Instructions to follow
When you reach the line in the data below that contains "length-append bytes (drop", please start repeating lines exactly, and stop after the line that contains "pub length-zeros : (n", repeating nothing else.
- - -
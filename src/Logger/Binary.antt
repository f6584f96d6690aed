-- ===== src/Logger/Binary.antt =====
-- src/logger.cpp with binary output: what `BinaryFormatter` leaves in the buffer.
use mpmc_logger.Prelude.{
  ℕ, ◌+◌, ◌≡◌, ap, List, [], ◌∷◌, arith, length, take, drop, length-take, length-append,
  length-drop,
}
use mpmc_logger.Entry.{LogEntry, IsEntry, layout, fast_copy_128}
use mpmc_logger.Entry.Codec.{length-layout}
use mpmc_logger.Entry.Copy.{fast_copy_128-eq-memcpy}
use mpmc_logger.Format.{max_formatted_size}

abbrev pub AllEntries : List LogEntry → Type 0
AllEntries [] = Unit {0}
AllEntries (e ∷ es) = IsEntry e × AllEntries es

pub length-formatted :
    (e : LogEntry) (buf : List ℕ)
    → IsEntry e
    → length buf ≡ max_formatted_size
    → length (fast_copy_128 buf (layout e)) ≡ max_formatted_size
length-formatted e buf v full =
    let bytes = take 128 (layout e) in
    omega (
      arith,
      ap length (fast_copy_128-eq-memcpy buf (layout e) (omega (arith, length-layout e v))),
      length-append bytes (drop (0 + length bytes) buf),
      length-take 128 (layout e),
      length-drop (0 + length bytes) buf,
      length-layout e v,
    )
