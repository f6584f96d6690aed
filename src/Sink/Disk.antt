-- ===== src/Sink/Disk.antt =====
-- src/mmap_sink.cpp: what the sink relies on of the operating system for the bytes of its file, as
-- the manual pages of ftruncate(2), mmap(2) and msync(2) describe a shared mapping of a file.
use mpmc_logger.Prelude.{
  ℕ, zero, suc, ◌+◌, ◌-◌, ◌*◌, ◌≤◌, ◌<◌, ◌≡◌, sym, ap, ◌∙◌, ◌^◌, Bool, true, some, List, ◌++◌,
  arith, length, take, drop, replicate, length-replicate, take-append_length, drop-append,
  append_assoc,
}
use mpmc_logger.Sink.{Os}

-- Bytes written over a file's, from a place within it.
abbrev pub overwrite : ℕ → List ℕ → List ℕ → List ℕ
overwrite at bytes old = take at old ++ (bytes ++ drop (at + length bytes) old)

abbrev pub zeros : ℕ → List ℕ
zeros n = replicate n 0

pub length-zeros : (n : ℕ) → length (zeros n) ≡ n
length-zeros n = length-replicate n 0

pub drop-zeros : (k n : ℕ) → drop k (zeros n) ≡ zeros (n - k)
drop-zeros zero n = ap zeros (omega arith)
drop-zeros (suc k) zero = ap zeros {x = 0} (omega arith)
drop-zeros (suc k) (suc n) = drop-zeros k n ∙ ap zeros {x = n - k} (omega arith)

-- Bytes at the end of the written part take the place of as many zero bytes after it.
pub overwrite-zeros :
    (at : ℕ) (done bytes : List ℕ) (pad : ℕ)
    → at ≡ length done
    → overwrite at bytes (done ++ zeros pad) ≡ (done ++ bytes) ++ zeros (pad - length bytes)
overwrite-zeros at done bytes pad e =
    ap (λ l. l ++ (bytes ++ drop (at + length bytes) (done ++ zeros pad)))
      (take-append_length at done (zeros pad) e)
    ∙ ap (λ l. done ++ (bytes ++ l))
        (drop-append (at + length bytes) (length bytes) done (zeros pad) (omega arith)
          ∙ drop-zeros (length bytes) pad)
    ∙ sym (append_assoc done bytes (zeros (pad - length bytes)))

module _ {W : Type 0} (os : Os W) where
  -- The bytes of the file that a descriptor was last opened on, and the mappings that are in force: the address, the
  -- descriptor, the place in the file, and the length.
  pub record Disk (page : ℕ) : Type 1 where
    pub content : ℕ → W → List ℕ
    pub Maps : W → (addr fd offset len : ℕ) → Type 0
    pub extend :
        (fd len : ℕ) (w : W)
        → length (content fd w) ≤ len
        → len < 2 ^ 63
        → ((os.ftruncate fd len w).0 ≡ true)
          × (content fd (os.ftruncate fd len w).1
              ≡ content fd w ++ zeros (len - length (content fd w)))
    pub map_at :
        (len fd k : ℕ) (w : W)
        → len < 2 ^ 63
        → (addr : ℕ) × ((os.mmap len fd (k * page) w).0 ≡ some addr)
          × Maps (os.mmap len fd (k * page) w).1 addr fd (k * page) len
          × (content fd (os.mmap len fd (k * page) w).1 ≡ content fd w)
    -- A mapping ends before the end of the address space.
    pub map_lt : {w : W} {addr fd offset len : ℕ} → Maps w addr fd offset len → addr + len < 2 ^ 64
    pub store_at :
        {w : W} {addr fd offset len : ℕ}
        → Maps w addr fd offset len
        → (at : ℕ) (bytes : List ℕ) → at + length bytes ≤ len
        → offset + len ≤ length (content fd w)
        → Maps (os.store (addr + at) bytes w) addr fd offset len
          × (content fd (os.store (addr + at) bytes w)
              ≡ overwrite (offset + at) bytes (content fd w))
    pub madvise_keeps :
        {w : W} {addr fd offset len : ℕ}
        → Maps w addr fd offset len
        → (a n : ℕ)
        → Maps (os.madvise a n w) addr fd offset len
          × (content fd (os.madvise a n w) ≡ content fd w)
    pub msync_keeps :
        {w : W} {addr fd offset len : ℕ}
        → Maps w addr fd offset len
        → (a n : ℕ) (sync : Bool)
        → Maps (os.msync a n sync w) addr fd offset len
          × (content fd (os.msync a n sync w) ≡ content fd w)
    pub munmap_keeps : (addr len fd : ℕ) (w : W) → content fd (os.munmap addr len w) ≡ content fd w
    pub close_keeps : (fd : ℕ) (w : W) → content fd (os.close fd w) ≡ content fd w
    pub fstat_tells :
        (fd : ℕ) (w : W)
        → ((os.fstat fd w).0 ≡ some (length (content fd w)))
          × (content fd (os.fstat fd w).1 ≡ content fd w)
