-- ===== src/Sink/Region.antt =====
-- src/mmap_sink.cpp: the offsets of a sink of 128-byte records, in a region of whole pages and
-- whole records.
use native.Mathlib.Nat.{add-mul}
use mpmc_logger.Prelude.{
  ℕ, ◌+◌, ◌^◌, ◌*◌, ◌≤◌, ◌<◌, ◌≡◌, refl, sym, ap, ◌∙◌, none, some, arith, false, ◌==◌,
}
use mpmc_logger.Entry.{entry_size}
use mpmc_logger.Sink.{MMapSink, add64}

-- The sizes of a sink of 128-byte records: a region is a whole number of pages and of records.
pub record IsRegion (page limit : ℕ) (s : MMapSink) : Type 0 where
  pub records : ℕ
  pub pages : ℕ
  pub records_eq : s.region_size ≡ (1 + records) * entry_size
  pub pages_eq : s.region_size ≡ pages * page
  pub max_le : s.max_file_size ≤ limit
  pub no_wrap : limit + s.region_size + s.region_size < 2 ^ 63

pub resized :
    {page limit : ℕ} {s t : MMapSink} (v : IsRegion page limit s)
    → t.region_size ≡ s.region_size
    → t.max_file_size ≡ s.max_file_size
    → IsRegion page limit t
resized v same max = record {
  records = v.records;
  pages = v.pages;
  records_eq = same ∙ v.records_eq;
  pages_eq = same ∙ v.pages_eq;
  max_le = omega (arith, v.max_le);
  no_wrap = omega (arith, v.no_wrap);
}

-- The sink before it maps a region: the region will begin at a whole page.
pub record IsBetween (page limit : ℕ) (s : MMapSink) : Type 0 where
  pub region : IsRegion page limit s
  pub base : ℕ
  pub descriptor : ℕ
  pub is_open : s.fd ≡ some descriptor
  pub at_start : s.mmap_offset ≡ 0
  pub base_eq : s.file_offset ≡ base * page
  pub base_le : base * page ≤ limit + s.region_size

-- The sink with a region, which began at a whole page and holds whole records so far.
pub record IsBinary (page limit : ℕ) (s : MMapSink) : Type 0 where
  pub region : IsRegion page limit s
  pub base : ℕ
  pub count : ℕ
  pub address : ℕ
  pub descriptor : ℕ
  pub is_mapped : s.mmap_ptr ≡ some address
  pub is_open : s.fd ≡ some descriptor
  pub offset_eq : s.mmap_offset ≡ count * entry_size
  pub offset_le : s.mmap_offset ≤ s.region_size
  pub base_eq : s.file_offset ≡ base * page + s.mmap_offset
  pub base_le : base * page ≤ limit

-- The three counters after a record that fits.
abbrev pub advance : ℕ → MMapSink → MMapSink
advance n s = record s {
  mmap_offset = add64 s.mmap_offset n;
  file_offset = add64 s.file_offset n;
  total_bytes_written = add64 s.total_bytes_written n;
}

module _ {page limit : ℕ} where
  unfoldable pub advance-IsBinary :
      (s : MMapSink) (v : IsBinary page limit s) (n : ℕ)
      → n ≡ entry_size
      → s.mmap_offset + entry_size ≤ s.region_size
      → IsBinary page limit (advance n s)
  advance-IsBinary s v n len fits = record {
    region = resized v.region refl refl;
    base = v.base;
    count = v.count + 1;
    address = v.address;
    descriptor = v.descriptor;
    is_mapped = v.is_mapped;
    is_open = v.is_open;
    offset_eq = omega (arith, v.offset_eq, v.region.no_wrap);
    offset_le = omega (arith, v.region.no_wrap);
    base_eq = omega (arith, v.base_eq, v.region.no_wrap, v.base_le);
    base_le = v.base_le;
  }

  unfoldable pub mapped-IsBinary :
      (s : MMapSink) (addr : ℕ) (v : IsBetween page limit s)
      → v.base * page ≤ limit
      → IsBinary page limit (record s { mmap_ptr = some addr; mmap_offset = 0 })
  mapped-IsBinary s addr v le = record {
    region = resized v.region refl refl;
    base = v.base;
    count = 0;
    address = addr;
    descriptor = v.descriptor;
    is_mapped = refl;
    is_open = v.is_open;
    offset_eq = omega arith;
    offset_le = omega arith;
    base_eq = omega (arith, v.base_eq);
    base_le = le;
  }

  -- A region of whole records is full to the last byte when a record does not fit.
  unfoldable pub unmapped-IsBetween :
      (s : MMapSink) (v : IsBinary page limit s)
      → s.region_size < s.mmap_offset + entry_size
      → IsBetween page limit (record s { mmap_ptr = none; mmap_offset = 0 })
  unmapped-IsBetween s v full =
      let exact : s.mmap_offset ≡ s.region_size =
        omega (arith, v.offset_eq, v.offset_le, v.region.records_eq) in
      record {
        region = resized v.region refl refl;
        base = v.base + v.region.pages;
        descriptor = v.descriptor;
        is_open = v.is_open;
        at_start = refl;
        base_eq =
            v.base_eq
            ∙ ap (λ n. v.base * page + n) (exact ∙ v.region.pages_eq)
            ∙ sym (add-mul v.base v.region.pages page);
        base_le = omega (arith, add-mul v.base v.region.pages page, v.base_le, v.region.pages_eq);
      }

pub test_zero : (n : ℕ) → 0 < n → (n == 0) ≡ false
test_zero n h = ground arith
- - -
Task solution
      length-append bytes (drop (0 + length bytes) buf),
      length-take 128 (layout e),
      length-drop (0 + length bytes) buf,
      length-layout e v,
    )
repository f6584f96d6690aed
filename src/Sink/Disk.antt
-- ===== src/Sink/Disk.antt =====
-- src/mmap_sink.cpp: what the sink relies on of the operating system for the bytes of its file, as
-- the manual pages of ftruncate(2), mmap(2) and msync(2) describe a shared mapping of a file.
use mpmc_logger.Prelude.{
  ℕ, zero, suc, ◌+◌, ◌-◌, ◌*◌, ◌≤◌, ◌<◌, ◌≡◌, sym, ap, ◌∙◌, ◌^◌, Bool, true, some, List, ◌++◌,
  arith, length, take, drop, replicate, length-replicate, take-append_length, drop-append,
  append_assoc,
}
use mpmc_logger.Sink.{Os}

-- Bytes written over a file's, from a place within it.
abbrev pub overwrite : ℕ → List ℕ → List ℕ → List ℕ
overwrite at bytes old = take at old ++ (bytes ++ drop (at + length bytes) old)

abbrev pub zeros : ℕ → List ℕ
zeros n = replicate n 0

pub length-zeros : (n : ℕ) → length (zeros n) ≡ n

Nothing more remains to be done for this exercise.